Scan the listing below and copy each line holding the word "none".

BEGIN

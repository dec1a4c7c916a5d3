-- ===== src/Postgres/Deliveries.antt =====
-- internal/postgresstore/store.go: deliveries of windows, in any order and number, where statements fail.
use mcp_ironclaw.Prelude.{
  ℕ, ap, ◌≡◌, inl, inr, refl, sym, ◌∙◌, true, ◌&&◌, none, some, [], ◌∷◌, map, arith, All,
  Bool-cases, if◌then◌else◌, select,
}
use mcp_ironclaw.Go.Int64.{sum64}
use mcp_ironclaw.Go.Text.{Text, text_eq, text_eq_iff, text_eq→eq, text_eq_refl, Lacks}
use mcp_ironclaw.Go.Map.{IsUnique, Map, find, total, string_eq}
use mcp_ironclaw.Domain.Key.{AggregateWindow, identity, append}
use mcp_ironclaw.Store.Memory.{device_key}
use mcp_ironclaw.Store.Memory.Devices.{key_of_window}
use mcp_ironclaw.Store.Memory.Tenants.{device_key-injective}
use mcp_ironclaw.Postgres.Statements.{
  Table, IsStorable, same_row, conflicts, insert_window, of_device, device_rows, column_sum,
}

-- The rows of a device by the identities of their windows.
abbrev pub rows_by_identity : Text → Text → Table → Map Text AggregateWindow
rows_by_identity user device rows = map (λ r. (identity r, r)) (device_rows user device rows)

pub same_row_refl : (r : AggregateWindow) → same_row r r ≡ true
unfolding same_row
same_row_refl r =
    ground (arith, text_eq_refl r.user_id, text_eq_refl r.device_id, text_eq_refl r.pod_id)

same_row-identity :
    (a b : AggregateWindow)
    → same_row a b ≡ true
    → (a.user_id ≡ b.user_id) × (a.device_id ≡ b.device_id) × (identity a ≡ identity b)
unfolding same_row identity append
same_row-identity a b h =
    let u : a.user_id ≡ b.user_id = text_eq→eq _ _ (ground arith) in
    let d : a.device_id ≡ b.device_id = text_eq→eq _ _ (ground arith) in
    let p : a.pod_id ≡ b.pod_id = text_eq→eq _ _ (ground arith) in
    let i : a.process_id ≡ b.process_id = ground arith in
    let w : a.window_id ≡ b.window_id = ground arith in
    let s : a.sequence ≡ b.sequence = ground arith in (u, d, cc)

pub column_sum-total :
    (f : AggregateWindow → ℕ) (user device : Text) (rows : Table)
    → column_sum f user device rows ≡ total f (rows_by_identity user device rows)
unfolding sum64 total select
column_sum-total f user device [] = refl
column_sum-total f user device (r ∷ rows) = ground (arith, column_sum-total f user device rows)

-- One window stands for each identity: what is delivered again is the same window.
module _ (window_of : Text → AggregateWindow) where
  abbrev pub IsCanonical : AggregateWindow → Type 0
  IsCanonical w = window_of (identity w) ≡ w

  -- A window that may be delivered: one that a table keeps, of a user without a closing brace.
  abbrev pub IsFit : AggregateWindow → Type 0
  IsFit w = IsCanonical w × IsStorable w × Lacks b'}' w.user_id

  same_row-text_eq :
      (a b : AggregateWindow)
      → IsCanonical a
      → IsCanonical b
      → same_row a b ≡ text_eq (identity b) (identity a)
  same_row-text_eq a b ca cb = elim (Bool-cases (text_eq (identity b) (identity a))) [
    | inl e ↦
        let same : b ≡ a = sym cb ∙ ap window_of (text_eq→eq _ _ e) ∙ ca in
        rw (e, same) (same_row_refl a)
    | inr e ↦ ground (arith, same_row-identity a b, text_eq_iff (identity b) (identity a))
  ]

  find-conflicts :
      (user device : Text) (w : AggregateWindow) (rows : Table)
      → IsCanonical w
      → All IsCanonical rows
      → of_device user device w ≡ true
      → find (identity w) (rows_by_identity user device rows)
        ≡ (if conflicts w rows then some w else none)
  unfolding conflicts find select
  find-conflicts user device w [] cw c h = refl
  find-conflicts user device w (r ∷ rows) cw c h =
      let tail = find-conflicts user device w rows cw c.1 h in
      elim (Bool-cases (text_eq (identity r) (identity w))) [
        | inl e ↦
            let same : r ≡ w = sym c.0 ∙ ap window_of (text_eq→eq _ _ e) ∙ cw in
            rw (same, h, same_row_refl w) (ground (arith, text_eq_refl (identity w)))
        | inr e ↦ ground (arith, tail, same_row-text_eq w r cw c.0)
      ]

  pub conflicts-canonical :
      (w : AggregateWindow) (rows : Table)
      → IsCanonical w
      → All IsCanonical rows
      → All IsCanonical (insert_window w rows).0
  unfolding insert_window
  conflicts-canonical w rows cw c = elim (Bool-cases (conflicts w rows)) [
    | inl e ↦ rw (e, insert_window) c
    | inr e ↦ rw (e, insert_window) (cw, c)
  ]

  -- In the rows of a device an insertion binds the identity of its window, when it is one of the device.
  pub find-insert_window :
      (user device : Text) (w : AggregateWindow) (rows : Table) (i : Text)
      → IsCanonical w
      → All IsCanonical rows
      → find i (rows_by_identity user device (insert_window w rows).0) ≡ (
          if of_device user device w && text_eq (identity w) i
          then some w
          else find i (rows_by_identity user device rows))
  unfolding insert_window find select
  find-insert_window user device w rows i cw c = elim (Bool-cases (of_device user device w)) [
    | inr out ↦ ground (arith)
    | inl here ↦
        ground (arith, find-conflicts user device w rows cw c here, text_eq_iff (identity w) i)
  ]

  pub insert_window-IsUnique :
      (user device : Text) (w : AggregateWindow) (rows : Table)
      → IsCanonical w
      → All IsCanonical rows
      → IsUnique (rows_by_identity user device rows)
      → IsUnique (rows_by_identity user device (insert_window w rows).0)
  unfolding insert_window IsUnique select
  insert_window-IsUnique user device w rows cw c u = elim (Bool-cases (of_device user device w)) [
    | inr out ↦ ground arith
    | inl here ↦ ground (arith, find-conflicts user device w rows cw c here)
  ]

pub of_device-text_eq :
    (user device : Text) (w : AggregateWindow)
    → Lacks b'}' user
    → Lacks b'}' w.user_id
    → text_eq (key_of_window w) (device_key user device) ≡ of_device user device w
of_device-text_eq user device w h hw = ground (
  arith,
  device_key-injective w.user_id user w.device_id device hw h,
  text_eq_iff (key_of_window w) (device_key user device),
  text_eq_iff w.user_id user,
  text_eq_iff w.device_id device,
)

END

> _Answer area_
  ℕ, ap, ◌≡◌, inl, inr, refl, sym, ◌∙◌, true, ◌&&◌, none, some, [], ◌∷◌, map, arith, All,
        ≡ (if conflicts w rows then some w else none)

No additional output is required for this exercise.